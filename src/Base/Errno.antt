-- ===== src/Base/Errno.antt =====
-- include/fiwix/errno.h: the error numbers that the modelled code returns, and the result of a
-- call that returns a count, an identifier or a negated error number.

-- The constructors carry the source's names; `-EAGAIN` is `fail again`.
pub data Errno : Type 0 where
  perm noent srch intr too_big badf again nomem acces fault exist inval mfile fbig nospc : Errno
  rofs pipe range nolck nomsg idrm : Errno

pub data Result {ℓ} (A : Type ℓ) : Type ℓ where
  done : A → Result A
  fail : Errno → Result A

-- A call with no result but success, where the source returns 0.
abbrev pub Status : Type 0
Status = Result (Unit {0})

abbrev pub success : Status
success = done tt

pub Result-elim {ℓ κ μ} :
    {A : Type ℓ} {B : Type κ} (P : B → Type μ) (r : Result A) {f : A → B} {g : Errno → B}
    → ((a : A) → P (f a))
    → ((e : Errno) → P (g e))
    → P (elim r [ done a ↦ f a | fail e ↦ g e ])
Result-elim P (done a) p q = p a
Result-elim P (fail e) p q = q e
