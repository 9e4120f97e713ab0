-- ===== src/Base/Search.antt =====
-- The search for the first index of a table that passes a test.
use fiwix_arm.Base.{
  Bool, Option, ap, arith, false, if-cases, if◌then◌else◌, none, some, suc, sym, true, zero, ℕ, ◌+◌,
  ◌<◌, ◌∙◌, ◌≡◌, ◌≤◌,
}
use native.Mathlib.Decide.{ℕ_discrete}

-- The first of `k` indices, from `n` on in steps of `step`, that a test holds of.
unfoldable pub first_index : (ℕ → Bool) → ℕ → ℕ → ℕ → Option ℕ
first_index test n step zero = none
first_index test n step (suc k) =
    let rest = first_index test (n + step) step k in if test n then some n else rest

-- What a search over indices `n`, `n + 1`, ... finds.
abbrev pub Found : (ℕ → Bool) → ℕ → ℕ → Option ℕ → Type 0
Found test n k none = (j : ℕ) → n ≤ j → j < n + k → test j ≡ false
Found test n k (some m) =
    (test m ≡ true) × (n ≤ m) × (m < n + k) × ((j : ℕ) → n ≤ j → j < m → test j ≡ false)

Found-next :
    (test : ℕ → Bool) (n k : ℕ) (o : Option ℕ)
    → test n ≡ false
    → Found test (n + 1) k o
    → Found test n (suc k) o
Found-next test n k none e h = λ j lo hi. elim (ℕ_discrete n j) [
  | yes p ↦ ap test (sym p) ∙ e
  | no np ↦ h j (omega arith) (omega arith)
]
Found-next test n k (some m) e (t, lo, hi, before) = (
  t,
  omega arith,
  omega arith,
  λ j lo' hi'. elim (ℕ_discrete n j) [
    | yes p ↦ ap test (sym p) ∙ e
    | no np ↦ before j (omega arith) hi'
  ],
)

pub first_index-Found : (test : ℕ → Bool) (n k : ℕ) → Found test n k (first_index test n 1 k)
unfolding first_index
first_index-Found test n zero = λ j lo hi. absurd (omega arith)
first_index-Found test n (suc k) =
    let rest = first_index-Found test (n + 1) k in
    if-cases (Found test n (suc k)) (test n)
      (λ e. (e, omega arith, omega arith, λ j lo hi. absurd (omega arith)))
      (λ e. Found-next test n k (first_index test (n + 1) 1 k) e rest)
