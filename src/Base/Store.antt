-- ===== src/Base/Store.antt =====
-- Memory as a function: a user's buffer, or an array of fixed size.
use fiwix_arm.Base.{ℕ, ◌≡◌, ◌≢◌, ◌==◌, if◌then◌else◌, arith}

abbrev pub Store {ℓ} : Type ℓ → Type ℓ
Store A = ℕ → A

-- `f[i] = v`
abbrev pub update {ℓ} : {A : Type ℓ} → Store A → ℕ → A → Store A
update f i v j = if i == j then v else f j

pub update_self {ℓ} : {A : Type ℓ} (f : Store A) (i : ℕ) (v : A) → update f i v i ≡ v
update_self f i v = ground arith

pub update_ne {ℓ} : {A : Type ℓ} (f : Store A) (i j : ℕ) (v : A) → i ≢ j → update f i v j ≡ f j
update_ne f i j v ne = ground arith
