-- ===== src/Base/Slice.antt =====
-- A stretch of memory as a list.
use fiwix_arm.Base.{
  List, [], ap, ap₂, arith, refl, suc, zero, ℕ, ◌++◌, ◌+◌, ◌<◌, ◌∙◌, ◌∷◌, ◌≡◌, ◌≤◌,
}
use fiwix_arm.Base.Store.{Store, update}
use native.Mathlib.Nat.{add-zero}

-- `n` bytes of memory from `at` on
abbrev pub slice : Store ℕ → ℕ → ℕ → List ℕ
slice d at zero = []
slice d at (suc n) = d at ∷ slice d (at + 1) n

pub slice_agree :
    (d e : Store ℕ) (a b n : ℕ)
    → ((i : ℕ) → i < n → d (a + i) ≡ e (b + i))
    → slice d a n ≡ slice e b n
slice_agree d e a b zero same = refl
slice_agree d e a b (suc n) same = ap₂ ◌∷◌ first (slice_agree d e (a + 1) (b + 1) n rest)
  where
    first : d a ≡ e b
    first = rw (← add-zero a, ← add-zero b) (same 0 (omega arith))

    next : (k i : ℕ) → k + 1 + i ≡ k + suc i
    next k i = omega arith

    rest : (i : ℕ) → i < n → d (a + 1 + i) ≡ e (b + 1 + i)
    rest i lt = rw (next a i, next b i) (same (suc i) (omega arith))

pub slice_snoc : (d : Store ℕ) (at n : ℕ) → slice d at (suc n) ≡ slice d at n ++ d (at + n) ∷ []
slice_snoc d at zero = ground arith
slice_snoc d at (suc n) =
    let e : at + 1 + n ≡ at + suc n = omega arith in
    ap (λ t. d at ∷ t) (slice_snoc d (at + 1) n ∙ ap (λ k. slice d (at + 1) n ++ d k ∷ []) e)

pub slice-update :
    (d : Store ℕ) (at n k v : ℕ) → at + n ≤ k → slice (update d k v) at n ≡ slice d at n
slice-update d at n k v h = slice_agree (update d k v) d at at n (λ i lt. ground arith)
+ + + +
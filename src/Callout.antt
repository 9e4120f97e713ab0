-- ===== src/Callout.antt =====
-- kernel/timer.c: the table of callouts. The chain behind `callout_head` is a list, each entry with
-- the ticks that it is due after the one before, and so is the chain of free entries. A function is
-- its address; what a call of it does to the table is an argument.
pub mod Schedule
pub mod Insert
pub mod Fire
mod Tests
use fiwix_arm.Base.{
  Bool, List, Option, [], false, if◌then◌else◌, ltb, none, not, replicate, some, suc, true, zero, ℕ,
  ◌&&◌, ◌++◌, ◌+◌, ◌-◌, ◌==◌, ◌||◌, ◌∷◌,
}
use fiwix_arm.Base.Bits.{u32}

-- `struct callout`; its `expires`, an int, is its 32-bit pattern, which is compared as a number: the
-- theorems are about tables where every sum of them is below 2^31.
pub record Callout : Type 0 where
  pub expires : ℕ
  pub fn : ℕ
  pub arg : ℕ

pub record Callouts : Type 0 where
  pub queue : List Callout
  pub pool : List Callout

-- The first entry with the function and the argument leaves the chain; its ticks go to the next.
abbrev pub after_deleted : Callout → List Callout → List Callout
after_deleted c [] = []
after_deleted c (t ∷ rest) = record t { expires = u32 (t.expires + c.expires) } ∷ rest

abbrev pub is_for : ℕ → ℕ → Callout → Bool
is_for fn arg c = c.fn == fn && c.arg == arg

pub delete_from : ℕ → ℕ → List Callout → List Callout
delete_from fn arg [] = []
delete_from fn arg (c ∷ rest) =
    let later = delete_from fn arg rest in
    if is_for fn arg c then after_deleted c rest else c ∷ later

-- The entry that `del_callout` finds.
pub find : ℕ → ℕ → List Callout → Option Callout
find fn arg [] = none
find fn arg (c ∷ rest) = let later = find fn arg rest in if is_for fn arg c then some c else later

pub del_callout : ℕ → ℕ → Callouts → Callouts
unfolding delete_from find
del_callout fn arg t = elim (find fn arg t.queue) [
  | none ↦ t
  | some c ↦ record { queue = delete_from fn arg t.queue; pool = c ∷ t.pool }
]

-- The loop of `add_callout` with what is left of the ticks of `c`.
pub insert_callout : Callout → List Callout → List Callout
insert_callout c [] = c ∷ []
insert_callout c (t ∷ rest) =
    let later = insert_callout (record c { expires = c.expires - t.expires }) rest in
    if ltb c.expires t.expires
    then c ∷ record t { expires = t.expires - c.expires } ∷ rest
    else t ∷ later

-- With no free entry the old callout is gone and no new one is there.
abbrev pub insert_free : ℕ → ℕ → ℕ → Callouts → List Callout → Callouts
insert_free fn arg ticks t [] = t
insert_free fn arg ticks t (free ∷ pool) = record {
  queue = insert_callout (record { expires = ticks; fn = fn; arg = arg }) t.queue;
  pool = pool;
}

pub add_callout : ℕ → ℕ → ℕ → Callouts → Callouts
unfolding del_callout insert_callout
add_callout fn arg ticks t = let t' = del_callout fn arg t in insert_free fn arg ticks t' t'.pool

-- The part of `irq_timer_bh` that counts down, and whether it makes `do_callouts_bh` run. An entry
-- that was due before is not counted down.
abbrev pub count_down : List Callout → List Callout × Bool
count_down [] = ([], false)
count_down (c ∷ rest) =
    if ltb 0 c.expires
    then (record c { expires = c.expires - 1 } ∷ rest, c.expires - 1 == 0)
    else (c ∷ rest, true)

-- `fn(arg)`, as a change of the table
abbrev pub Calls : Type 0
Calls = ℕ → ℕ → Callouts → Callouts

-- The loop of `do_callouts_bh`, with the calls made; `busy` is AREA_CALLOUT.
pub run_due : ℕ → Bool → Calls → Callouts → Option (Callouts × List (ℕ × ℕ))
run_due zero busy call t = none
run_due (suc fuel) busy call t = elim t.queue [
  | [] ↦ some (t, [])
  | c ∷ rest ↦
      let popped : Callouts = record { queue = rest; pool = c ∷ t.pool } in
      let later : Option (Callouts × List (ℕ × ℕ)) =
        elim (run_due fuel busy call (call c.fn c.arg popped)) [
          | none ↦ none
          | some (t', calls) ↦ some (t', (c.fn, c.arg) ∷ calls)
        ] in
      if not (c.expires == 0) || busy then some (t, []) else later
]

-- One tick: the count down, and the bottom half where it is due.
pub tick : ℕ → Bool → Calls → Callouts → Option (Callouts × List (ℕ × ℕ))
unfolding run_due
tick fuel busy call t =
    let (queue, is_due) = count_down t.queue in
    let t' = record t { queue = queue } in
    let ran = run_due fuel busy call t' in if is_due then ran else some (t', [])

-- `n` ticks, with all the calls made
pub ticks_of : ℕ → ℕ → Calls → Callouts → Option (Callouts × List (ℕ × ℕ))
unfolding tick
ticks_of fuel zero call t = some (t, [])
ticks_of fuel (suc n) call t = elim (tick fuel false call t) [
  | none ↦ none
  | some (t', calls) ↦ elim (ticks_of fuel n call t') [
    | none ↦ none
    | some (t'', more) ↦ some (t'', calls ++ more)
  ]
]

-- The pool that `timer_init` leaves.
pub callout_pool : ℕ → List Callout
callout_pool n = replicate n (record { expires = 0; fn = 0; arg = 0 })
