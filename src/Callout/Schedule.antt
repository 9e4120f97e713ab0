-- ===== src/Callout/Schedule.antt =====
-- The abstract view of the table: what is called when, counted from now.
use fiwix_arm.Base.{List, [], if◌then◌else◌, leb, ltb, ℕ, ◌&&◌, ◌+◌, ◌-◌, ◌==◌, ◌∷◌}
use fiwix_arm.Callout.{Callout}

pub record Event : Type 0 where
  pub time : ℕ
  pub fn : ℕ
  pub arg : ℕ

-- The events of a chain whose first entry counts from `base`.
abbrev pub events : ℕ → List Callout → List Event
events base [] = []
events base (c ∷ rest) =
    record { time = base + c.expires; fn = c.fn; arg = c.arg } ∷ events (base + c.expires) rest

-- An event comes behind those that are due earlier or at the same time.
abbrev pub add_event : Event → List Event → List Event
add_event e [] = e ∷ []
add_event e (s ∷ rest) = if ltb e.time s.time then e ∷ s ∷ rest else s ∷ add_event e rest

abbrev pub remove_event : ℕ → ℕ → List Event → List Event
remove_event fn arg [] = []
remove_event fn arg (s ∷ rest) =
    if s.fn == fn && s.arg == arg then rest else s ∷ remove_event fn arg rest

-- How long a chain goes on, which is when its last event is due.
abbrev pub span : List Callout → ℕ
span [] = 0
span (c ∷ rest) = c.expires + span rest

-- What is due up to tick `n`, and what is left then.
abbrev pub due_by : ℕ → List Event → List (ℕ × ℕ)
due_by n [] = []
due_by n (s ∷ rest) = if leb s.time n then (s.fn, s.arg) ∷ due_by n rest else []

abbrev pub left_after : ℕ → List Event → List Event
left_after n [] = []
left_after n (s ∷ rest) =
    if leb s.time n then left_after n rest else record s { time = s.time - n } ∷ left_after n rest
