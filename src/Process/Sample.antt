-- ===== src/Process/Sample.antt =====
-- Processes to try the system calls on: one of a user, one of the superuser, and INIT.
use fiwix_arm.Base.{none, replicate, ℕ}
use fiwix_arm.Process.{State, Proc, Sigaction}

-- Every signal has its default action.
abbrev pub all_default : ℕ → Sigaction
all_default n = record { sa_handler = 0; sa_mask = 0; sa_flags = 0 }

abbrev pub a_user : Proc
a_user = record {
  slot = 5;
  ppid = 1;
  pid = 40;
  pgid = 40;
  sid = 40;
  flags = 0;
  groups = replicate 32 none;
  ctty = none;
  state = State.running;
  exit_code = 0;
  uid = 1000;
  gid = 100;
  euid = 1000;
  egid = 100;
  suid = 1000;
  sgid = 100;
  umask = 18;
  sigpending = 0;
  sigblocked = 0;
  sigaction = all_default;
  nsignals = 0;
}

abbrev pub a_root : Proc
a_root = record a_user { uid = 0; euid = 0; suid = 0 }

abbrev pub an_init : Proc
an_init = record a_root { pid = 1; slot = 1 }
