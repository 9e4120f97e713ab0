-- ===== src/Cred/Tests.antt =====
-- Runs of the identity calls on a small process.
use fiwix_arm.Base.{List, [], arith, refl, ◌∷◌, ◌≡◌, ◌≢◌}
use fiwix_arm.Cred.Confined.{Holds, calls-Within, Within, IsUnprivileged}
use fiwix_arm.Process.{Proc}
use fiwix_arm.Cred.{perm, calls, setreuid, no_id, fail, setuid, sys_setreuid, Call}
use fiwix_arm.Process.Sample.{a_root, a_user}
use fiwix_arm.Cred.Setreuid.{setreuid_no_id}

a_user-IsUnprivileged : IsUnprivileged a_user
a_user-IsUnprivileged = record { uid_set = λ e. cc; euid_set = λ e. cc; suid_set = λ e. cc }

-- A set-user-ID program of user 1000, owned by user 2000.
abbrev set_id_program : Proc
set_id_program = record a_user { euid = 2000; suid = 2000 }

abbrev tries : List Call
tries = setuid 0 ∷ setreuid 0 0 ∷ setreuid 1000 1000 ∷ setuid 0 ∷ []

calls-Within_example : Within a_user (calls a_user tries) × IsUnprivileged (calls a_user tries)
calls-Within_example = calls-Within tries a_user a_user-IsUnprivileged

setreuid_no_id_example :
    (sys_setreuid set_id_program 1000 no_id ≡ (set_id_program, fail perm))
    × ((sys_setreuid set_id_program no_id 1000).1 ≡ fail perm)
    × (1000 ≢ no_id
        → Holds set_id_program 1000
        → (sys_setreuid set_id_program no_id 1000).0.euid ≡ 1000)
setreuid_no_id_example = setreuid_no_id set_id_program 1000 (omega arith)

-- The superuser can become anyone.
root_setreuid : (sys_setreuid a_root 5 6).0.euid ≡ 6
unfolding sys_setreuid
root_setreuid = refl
+ + + +
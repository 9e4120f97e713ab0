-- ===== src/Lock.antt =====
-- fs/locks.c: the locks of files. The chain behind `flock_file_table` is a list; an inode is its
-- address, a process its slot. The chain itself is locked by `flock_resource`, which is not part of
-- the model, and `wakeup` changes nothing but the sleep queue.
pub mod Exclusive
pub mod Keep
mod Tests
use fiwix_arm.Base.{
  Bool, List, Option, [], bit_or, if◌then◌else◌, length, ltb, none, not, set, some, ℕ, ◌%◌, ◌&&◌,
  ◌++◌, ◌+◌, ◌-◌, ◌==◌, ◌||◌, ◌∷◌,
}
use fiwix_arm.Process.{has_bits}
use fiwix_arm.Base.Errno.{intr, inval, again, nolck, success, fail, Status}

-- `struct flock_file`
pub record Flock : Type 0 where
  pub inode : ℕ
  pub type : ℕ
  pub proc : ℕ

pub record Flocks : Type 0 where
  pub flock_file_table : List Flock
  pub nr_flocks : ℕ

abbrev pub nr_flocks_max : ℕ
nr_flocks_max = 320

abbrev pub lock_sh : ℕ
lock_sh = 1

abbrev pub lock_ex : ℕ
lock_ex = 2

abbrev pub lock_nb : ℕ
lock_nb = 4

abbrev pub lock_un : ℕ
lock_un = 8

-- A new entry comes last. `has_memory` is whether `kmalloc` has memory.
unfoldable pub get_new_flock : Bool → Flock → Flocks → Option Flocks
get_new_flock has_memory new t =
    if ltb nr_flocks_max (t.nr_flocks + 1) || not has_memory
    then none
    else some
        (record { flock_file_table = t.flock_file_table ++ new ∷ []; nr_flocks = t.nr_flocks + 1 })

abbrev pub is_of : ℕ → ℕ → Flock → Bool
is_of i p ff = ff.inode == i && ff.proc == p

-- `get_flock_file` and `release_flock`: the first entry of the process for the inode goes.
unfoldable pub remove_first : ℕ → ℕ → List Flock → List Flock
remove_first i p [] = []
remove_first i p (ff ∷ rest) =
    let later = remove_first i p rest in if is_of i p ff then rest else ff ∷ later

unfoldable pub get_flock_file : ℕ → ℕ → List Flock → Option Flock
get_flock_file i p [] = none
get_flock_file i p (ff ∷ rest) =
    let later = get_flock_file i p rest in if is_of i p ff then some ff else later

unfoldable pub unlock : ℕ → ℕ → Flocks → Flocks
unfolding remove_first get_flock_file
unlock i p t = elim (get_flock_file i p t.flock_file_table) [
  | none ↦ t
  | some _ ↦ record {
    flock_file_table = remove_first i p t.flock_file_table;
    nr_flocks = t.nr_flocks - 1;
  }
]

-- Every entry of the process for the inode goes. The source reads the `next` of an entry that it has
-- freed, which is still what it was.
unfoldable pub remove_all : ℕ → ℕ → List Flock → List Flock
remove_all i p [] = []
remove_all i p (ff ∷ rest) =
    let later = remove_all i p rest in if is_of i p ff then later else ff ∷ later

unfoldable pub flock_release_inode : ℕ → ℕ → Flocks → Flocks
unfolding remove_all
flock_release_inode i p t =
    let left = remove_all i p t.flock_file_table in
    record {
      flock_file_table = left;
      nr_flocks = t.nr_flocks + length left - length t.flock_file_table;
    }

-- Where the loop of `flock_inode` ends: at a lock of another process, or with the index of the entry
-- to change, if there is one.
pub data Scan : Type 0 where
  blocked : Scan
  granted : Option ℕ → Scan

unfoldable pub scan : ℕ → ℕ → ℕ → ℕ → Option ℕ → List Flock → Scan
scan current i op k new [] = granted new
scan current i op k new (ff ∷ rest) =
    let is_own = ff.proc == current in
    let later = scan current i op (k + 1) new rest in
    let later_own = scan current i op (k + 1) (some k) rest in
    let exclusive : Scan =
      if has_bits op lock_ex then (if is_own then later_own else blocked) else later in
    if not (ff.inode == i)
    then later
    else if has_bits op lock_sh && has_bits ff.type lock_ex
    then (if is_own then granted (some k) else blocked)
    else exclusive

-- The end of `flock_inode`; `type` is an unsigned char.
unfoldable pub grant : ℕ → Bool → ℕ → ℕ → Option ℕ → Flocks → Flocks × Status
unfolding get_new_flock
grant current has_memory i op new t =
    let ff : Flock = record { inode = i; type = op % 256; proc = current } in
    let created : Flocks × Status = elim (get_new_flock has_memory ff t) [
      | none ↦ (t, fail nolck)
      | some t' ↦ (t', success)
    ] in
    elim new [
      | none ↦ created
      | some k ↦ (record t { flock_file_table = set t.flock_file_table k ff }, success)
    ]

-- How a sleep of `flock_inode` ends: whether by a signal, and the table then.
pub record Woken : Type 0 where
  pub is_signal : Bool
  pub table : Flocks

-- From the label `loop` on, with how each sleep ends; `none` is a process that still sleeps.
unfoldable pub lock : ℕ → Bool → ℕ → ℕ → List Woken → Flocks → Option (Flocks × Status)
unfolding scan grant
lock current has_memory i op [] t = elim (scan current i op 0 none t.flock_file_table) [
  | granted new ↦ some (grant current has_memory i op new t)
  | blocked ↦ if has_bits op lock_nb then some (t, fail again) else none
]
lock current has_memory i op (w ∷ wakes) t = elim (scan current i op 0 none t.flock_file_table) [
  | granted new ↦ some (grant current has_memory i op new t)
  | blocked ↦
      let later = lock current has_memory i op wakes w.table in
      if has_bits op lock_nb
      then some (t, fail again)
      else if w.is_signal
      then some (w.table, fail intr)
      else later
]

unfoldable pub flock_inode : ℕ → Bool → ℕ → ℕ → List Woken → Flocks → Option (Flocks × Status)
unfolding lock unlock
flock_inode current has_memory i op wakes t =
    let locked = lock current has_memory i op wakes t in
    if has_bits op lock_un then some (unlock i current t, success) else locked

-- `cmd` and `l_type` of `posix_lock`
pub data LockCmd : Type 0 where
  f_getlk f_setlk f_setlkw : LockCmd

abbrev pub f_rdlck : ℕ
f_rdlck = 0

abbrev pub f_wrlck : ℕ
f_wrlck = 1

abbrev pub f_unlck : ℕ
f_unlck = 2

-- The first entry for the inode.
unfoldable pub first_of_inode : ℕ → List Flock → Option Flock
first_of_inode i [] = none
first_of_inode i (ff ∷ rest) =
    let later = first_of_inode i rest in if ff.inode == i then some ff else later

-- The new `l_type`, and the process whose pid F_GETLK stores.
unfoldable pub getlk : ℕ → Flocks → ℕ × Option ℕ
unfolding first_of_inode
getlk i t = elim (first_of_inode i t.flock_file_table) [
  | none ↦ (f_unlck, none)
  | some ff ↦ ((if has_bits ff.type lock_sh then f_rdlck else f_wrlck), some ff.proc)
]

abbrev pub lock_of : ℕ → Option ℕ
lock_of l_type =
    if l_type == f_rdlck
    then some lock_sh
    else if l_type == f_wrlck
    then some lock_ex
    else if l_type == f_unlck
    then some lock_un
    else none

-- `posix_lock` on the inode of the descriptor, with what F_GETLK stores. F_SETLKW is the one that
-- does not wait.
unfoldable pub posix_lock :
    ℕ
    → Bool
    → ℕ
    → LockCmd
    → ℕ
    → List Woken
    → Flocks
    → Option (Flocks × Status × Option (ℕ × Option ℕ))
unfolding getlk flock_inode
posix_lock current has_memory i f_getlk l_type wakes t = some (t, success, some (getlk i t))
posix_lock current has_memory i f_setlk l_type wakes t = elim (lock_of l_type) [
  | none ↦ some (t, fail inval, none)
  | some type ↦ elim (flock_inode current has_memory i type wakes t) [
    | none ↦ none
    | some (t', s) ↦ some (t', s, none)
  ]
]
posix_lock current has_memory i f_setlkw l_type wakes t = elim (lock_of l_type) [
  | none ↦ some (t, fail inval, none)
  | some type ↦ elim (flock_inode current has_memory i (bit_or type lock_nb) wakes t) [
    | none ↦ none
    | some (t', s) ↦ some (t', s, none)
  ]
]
+ + + +
YOUR OBJECTIVE
List each line of the entries that holds the string "last".

SOLUTION TO THIS EXERCISE
-- How long a chain goes on, which is when its last event is due.
-- A new entry comes last. `has_memory` is whether `kmalloc` has memory.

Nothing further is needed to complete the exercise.